When they arrived at the windwall, Maija called back for Erik to check their fuel and then she took them through, pushing the engines up to full power. They raged forwards, attached the side of the ship's hull, pulling it with them. The wall sucked them in and pushed them down towards the void, but the ship's power was stronger. Within minutes, they had blown through the other side, their momentum ripping stray wisps of cloud and mist from the flowing wall behind them.
Erik stepped up behind her, his arm brushing up against hers as he rested against the side of the helm. Shivers tickled her skin and goosebumps burst along it. She brushed it off, mentally kicking herself for a reaction she couldn't prevent. Erik started talking but she had found herself to be so distracted, she had only caught the last half.
"I wasn't here to see it fall," he had said. "What was it like."
Maija blinked, trying her best to figure out what he was talking about. It came to her quickly. "Um, there was a flash of light from Kaius's ship. It seemed anticlimactic at first but then the whole island started to dip, sink." Its weight had pulled it farther and farther into the void and nothing, no amount of energy or mystical, ununderstood atlas energy could save it. Lidia had been on that island. Maija wondered how she had survived it.
She looked up at where that island had once been anchored to the world. Never had Maija seen an island move. No matter how much force had been applied to its side or top. No matter how large and how grand the structure that stood atop it had been, nothing budged an island. The island's steadfastness had always reassured Maija. If everything in her world were to change, not an island. She had mapped out that first sector, the only sector, until Maija had memorized the location of every island inside. Where every bit of floating rock lay, Maija knew it and not a single piece had moved or faltered. Islands were a constant. An always. Not anymore. Because there was an emptiness where a grand temple once sat, noble. A place for traders to rest and gather supplies. No matter how corrupt or greedy they had been, they didn't deserve it. No one deserved to have their home ripped from them, buried in a grave of compressed air so heavy it took that island and turned it all into dust.
No one deserved a death that great. None but the man who had caused it. And right where she had expected to find him, grand and pompous like he usually was. Kaius's fleet formed in the emptiness left by that sunken island. Like walking on someone's grave. Disrespectful.
Two strips of ship formed a row in the emptiness between them leading to a small ship parked in front of Kaius's massive flagship, sitting with red paint and black, ripped sails. The hull had been ripped and torn through war and combat but repaired with scrap metal that made the ship look more like a weapon than anything else. Maija felt sick to her stomach thinking the man who flew a ship like that could convince the world than she was the enemy.

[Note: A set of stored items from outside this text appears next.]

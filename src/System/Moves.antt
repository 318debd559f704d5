-- ===== src/System/Moves.antt =====
-- Every outcome of a step, to prove a property of all of them.
use cria.Prelude.{ℕ, String, ◌≡◌, none, some, List, Option-cases, inl, inr}
use cria.Table.{DashMap}
use cria.Config.{Config}
use cria.Pb.{InferenceRequest, CancelRequest, TokenEvent}
use cria.Streaming.{Mpsc}
use cria.Kafka.Messages.{Kafka, TokenEventEnvelope, into_proto}
use cria.Kafka.Producer.{KafkaProducer, ProduceResult}
use cria.Kafka.Router.{note_event, deliver_event}
use cria.Api.Begin.{Ambient, submit_begin}
use cria.Api.Control
use cria.Bff.Infer.{InferRequest, infer_begin}
use cria.Bff.Views
use cria.System.{
  Submission, Replay, System, Action, submit_starts, submit_ends, infer_starts, infer_ends,
  cancel_called, cancel_clicked, event_comes, event_goes, replay_goes, take_at, replay_goes_on,
  submit_goes_on, infer_goes_on, event_noted, event_handed, submit_waits, infer_waits, step,
}

module _ ⦃d : DashMap⦄ ⦃ch : Mpsc⦄ where
  -- The task that the action names does not wait.
  pub data IsStuck (s : System) : Action → Type 0 where
    no_submission : (i : ℕ) → take_at i s.submissions ≡ none → IsStuck s (submit_ends i)
    no_inference : (i : ℕ) → take_at i s.inferences ≡ none → IsStuck s (infer_ends i)
    no_replay : (i : ℕ) → take_at i s.replays ≡ none → IsStuck s (replay_goes i)
    still_held :
        (e : TokenEventEnvelope) (now : ℕ) (p : TokenEvent)
        → s.delivering ≡ some p
        → IsStuck s (event_comes e now)
    nothing_held : s.delivering ≡ none → IsStuck s event_goes

module _ ⦃d : DashMap⦄ ⦃ch : Mpsc⦄ ⦃k : Kafka⦄ (c : Config) (p : KafkaProducer) (s : System)
    (P : Action → System → Type 0) where
  -- What a step is made of: nothing, where the task that the action names does not wait; or the
  -- part of the handler, of the router or of the replay that the action stands for.
  pub record Moves : Type 0 where
    pub stays : (a : Action) → IsStuck s a → P a s
    pub submits :
        (request : InferenceRequest) (amb : Ambient)
        → let (g, begun) = submit_begin c s.gateway request amb in
          P (submit_starts request amb) (submit_waits p amb s g begun)
    pub is_answered :
        (i : ℕ) (w : Submission) (rest : List Submission)
        → take_at i s.submissions ≡ some (w, rest)
        → P (submit_ends i) (submit_goes_on s w rest)
    pub infers :
        (request : InferRequest) (amb : Ambient)
        → let (g, begun) = infer_begin c s.gateway request amb in
          P (infer_starts request amb) (infer_waits p s g begun)
    pub infer_is_answered :
        (i receiver : ℕ) (result : ProduceResult) (rest : List (ℕ × ProduceResult))
        → take_at i s.inferences ≡ some ((receiver, result), rest)
        → P (infer_ends i) (infer_goes_on s (receiver, result) rest)
    pub cancels :
        (request : CancelRequest) (amb : Ambient)
        → P
            (cancel_called request amb)
            (record s { gateway = (Control.cancel p s.gateway request amb).0 })
    pub clicks :
        (id : String) (amb : Ambient)
        → P (cancel_clicked id amb) (record s { gateway = (Views.cancel p s.gateway id amb).0 })
    pub notes :
        (e : TokenEventEnvelope) (now : ℕ)
        → s.delivering ≡ none
        → P (event_comes e now) (record s {
          gateway = note_event (into_proto e) now s.gateway;
          delivering = some (into_proto e);
        })
    pub hands :
        (e : TokenEvent)
        → s.delivering ≡ some e
        → P event_goes (record s { gateway = deliver_event e s.gateway; delivering = none })
    pub replays :
        (i : ℕ) (r : Replay) (rest : List Replay)
        → take_at i s.replays ≡ some (r, rest)
        → P (replay_goes i) (replay_goes_on s r.request_id r.left r.terminal rest)

  pub step-Moves : Moves → (a : Action) → P a (step c p s a)
  unfolding step event_noted event_handed
  step-Moves m (submit_starts request amb) = m.submits request amb
  step-Moves m (submit_ends i) = elim (Option-cases (take_at i s.submissions)) [
    | inl missing ↦ rw (missing, step) (m.stays (submit_ends i) (no_submission i missing))
    | inr ((w, rest), found) ↦ rw (found, step) (m.is_answered i w rest found)
  ]
  step-Moves m (infer_starts request amb) = m.infers request amb
  step-Moves m (infer_ends i) = elim (Option-cases (take_at i s.inferences)) [
    | inl missing ↦ rw (missing, step) (m.stays (infer_ends i) (no_inference i missing))
    | inr (((receiver, result), rest), found) ↦
        rw (found, step) (m.infer_is_answered i receiver result rest found)
  ]
  step-Moves m (cancel_called request amb) = m.cancels request amb
  step-Moves m (cancel_clicked id amb) = m.clicks id amb
  step-Moves m (event_comes e now) = elim (Option-cases s.delivering) [
    | inl ready ↦ rw (ready, event_noted) (m.notes e now ready)
    | inr (q, waiting) ↦
        rw (waiting, event_noted) (m.stays (event_comes e now) (still_held e now q waiting))
  ]
  step-Moves m event_goes = elim (Option-cases s.delivering) [
    | inl ready ↦ rw (ready, event_handed) (m.stays event_goes (nothing_held ready))
    | inr (e, waiting) ↦ rw (waiting, event_handed) (m.hands e waiting)
  ]
  step-Moves m (replay_goes i) = elim (Option-cases (take_at i s.replays)) [
    | inl missing ↦ rw (missing, step) (m.stays (replay_goes i) (no_replay i missing))
    | inr ((r, rest), found) ↦ rw (found, step) (m.replays i r rest found)
  ]
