-- ===== src/System/Cases.antt =====
-- Every outcome of the first halves of `submit` and `infer`, to prove a property of all of them.
use Prim.Native.String.{len}
use cria.Prelude.{ℕ, String, ◌≡◌, refl, [], ◌∷◌, ◌++◌, ltb, leb, Bool-cases, Option-cases, inl, inr}
use cria.Table.{DashMap}
use cria.Text.{trim, is_empty}
use cria.Config.{Config, request_topic_for_model}
use cria.Pb.{InferenceRequest}
use cria.State
use cria.State.{queued_record}
use cria.Streaming.{Mpsc, Status}
use cria.Telemetry.{inc, rejected_requests}
use cria.Kafka.Messages.{InferenceJob}
use cria.Gateway.{Gateway}
use cria.Api.Begin.{
  Ambient, Begun, rejected, normalize_max_tokens, chosen_id, chosen_model, wants_replay, job_of,
  replay_cached_events, admit, identify, submit_begin,
}
use cria.Api.Admission.{Tokens-cases}

module _ ⦃d : DashMap⦄ ⦃ch : Mpsc⦄ (P : Gateway × Begun → Type 0) where
  identify-cases :
      (c : Config) (g : Gateway) (request : InferenceRequest) (amb : Ambient) (prompt : String)
      (n : ℕ)
      → ((status : Status) → P (g, rejected status))
      → ((id : String) → P (replay_cached_events g id))
      → ((job : InferenceJob) → job.request_id ≡ chosen_id request amb.uuid → P (admit g job amb))
      → P (identify c g request amb prompt n)
  unfolding identify
  identify-cases c g request amb prompt n refuse again new =
      elim (Bool-cases (wants_replay request)) [
        | inl replays_it ↦ rw replays_it (again (chosen_id request amb.uuid))
        | inr fresh ↦ elim (Option-cases (request_topic_for_model c (chosen_model c request))) [
          | inl unknown ↦ rw (fresh, unknown) (refuse _)
          | inr (topic, known) ↦
              rw (fresh, known) (new (job_of c request amb prompt n) (unfold job_of in refl))
        ]
      ]

  pub submit_begin-cases :
      (c : Config) (g : Gateway) (request : InferenceRequest) (amb : Ambient)
      → ((status : Status) → P (g, rejected status))
      → ((status : Status)
          → P (record g { metrics = g.metrics ++ inc rejected_requests ∷ [] }, rejected status))
      → ((id : String) → P (replay_cached_events g id))
      → ((job : InferenceJob) → job.request_id ≡ chosen_id request amb.uuid → P (admit g job amb))
      → P (submit_begin c g request amb)
  unfolding submit_begin
  submit_begin-cases c g request amb refuse full again new =
      elim (Bool-cases (is_empty (trim request.prompt))) [
        | inl blank ↦ rw blank (refuse _)
        | inr solid ↦ elim (Bool-cases (ltb c.max_prompt_chars (len (trim request.prompt)))) [
          | inl long ↦ rw (solid, long) (refuse _)
          | inr short ↦ elim (Bool-cases (leb c.max_active_requests (State.active_count g.state))) [
            | inl reached ↦ rw (solid, short, reached) (full _)
            | inr room ↦
                elim (Tokens-cases (
                  normalize_max_tokens request.max_tokens c.default_max_tokens
                    c.max_tokens_limit)) [
                      | inr (s, bad) ↦ rw (solid, short, room, bad) (refuse s)
                      | inl (n, fine) ↦
                          rw (solid, short, room, fine)
                            (identify-cases c g request amb (trim request.prompt) n refuse again
                              new)
                    ]
          ]
        ]
      ]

"You were right," Erik said, she could barely hear him. Everything sounded muffled. Wind blew in her ears from the wall behind them. Maija had pulled the ship to a stop and took an inadvertent step back, putting a protective hand over her chest.
This was it. Here and now, Maija's life would change yet again. And Kaius was prepared for it. This was no battle formation; this was no way to manage a fleet. This was a welcome. A red carpet. Kaius had said that Maija would come to him, and he had been right.
"Are you ready?" Erik asked her.
She broke her eye contact with Kaius's ship and met his gaze. "Are you?"